2) BASIS OF PREPARATION OF THE FINANCIAL STATEMENTS
(Cont’d)
Standards issued but not yet effective
(Cont’d)
The Group and the Company will adopt the above pronouncements where applicable when they
become effective in the respective financial periods. These pronouncements are not expected to
have any effect on the financial statements of the Company upon their initial application, except
as described below:
MFRS 9 Financial Instruments
In November 2014, MASB issued the complete version of MFRS 9 replacing MFRS 139. MFRS 9
retains but simplifies the mixed measurement model in MFRS 139 and establishes three primary
measurement categories for financial assets: amortised cost, fair value through profit or loss and
fair value through other comprehensive income (“OCI”). The basis of classification depends on
the entity’s business model and the contractual cash flow characteristics of the financial asset.
Investments in equity instruments are always measured at fair value through profit or loss with an
irrevocable option at inception to present changes in fair value in OCI (provided the instrument is
not held for trading). A debt instrument is measured at amortised cost only if the entity is holding
it to collect contractual cash flows and the cash flows represent principal and interest.

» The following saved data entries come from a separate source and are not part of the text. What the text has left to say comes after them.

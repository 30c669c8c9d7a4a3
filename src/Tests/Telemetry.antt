-- ===== src/Tests/Telemetry.antt =====
-- One record, written by the observer.
use banking_ai_platform.Prelude.{ℕ, true, false, some, none, [], Bool, ltb}
use banking_ai_platform.Ai.Router.{ModelCallRecord}
use banking_ai_platform.Services.Observer.{Telemetry, record_call}
use banking_ai_platform.Services.Observer.Rows.{IsConsistent, record_call-IsConsistent}

abbrev paid_call : ModelCallRecord ℕ
paid_call = record {
  provider = "groq";
  model = "llama-3.1-8b-instant";
  routing_policy = "prefer_online";
  used_fallback = false;
  fallback_reason = none;
  prompt_tokens = 1000;
  completion_tokens = 200;
  latency_ms = 80;
  success = true;
  error = none;
  prompt_version = some "v1";
  estimated_cost_usd = 1;
  agent_run_id = none;
}

abbrev no_telemetry : Telemetry ℕ
no_telemetry = record { model_calls = []; cost_tracking = []; next_id = 0 }

abbrev positive : ℕ → Bool
positive n = ltb 0 n

record_call-IsConsistent_example :
    IsConsistent (record_call positive (λ r t. false) paid_call no_telemetry).1
record_call-IsConsistent_example =
    record_call-IsConsistent positive (λ r t. false) paid_call no_telemetry (tt, tt)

For liabilities, the standard retains most of the MFRS 139 requirements. These include amortised
cost accounting for most financial liabilities, with bifurcation of embedded derivatives. The main
change is that, in cases where the fair value option is taken for financial liabilities, the part of a
fair value change due to an entity’s own credit risk is recorded in other comprehensive income
rather than the income statement, unless this creates an accounting mismatch.
There is now a new expected credit losses model on impairment for all financial assets that
replaces the incurred loss impairment model used in MFRS 139. The expected credit losses
model is forward-looking and eliminates the need for a trigger event to have occurred before
credit losses are recognised.
The Group and the Company are currently assessing the impact of the adoption of this standard
in relation to the new requirements for classification, measurement and impairment.
3) FINANCIAL RISK MANAGEMENT OBJECTIVES AND POLICIES
The operations of the Group are subject to a variety of financial risks, including market risk
(including foreign currency exchange risk and interest rate risk), credit risk and liquidity risk.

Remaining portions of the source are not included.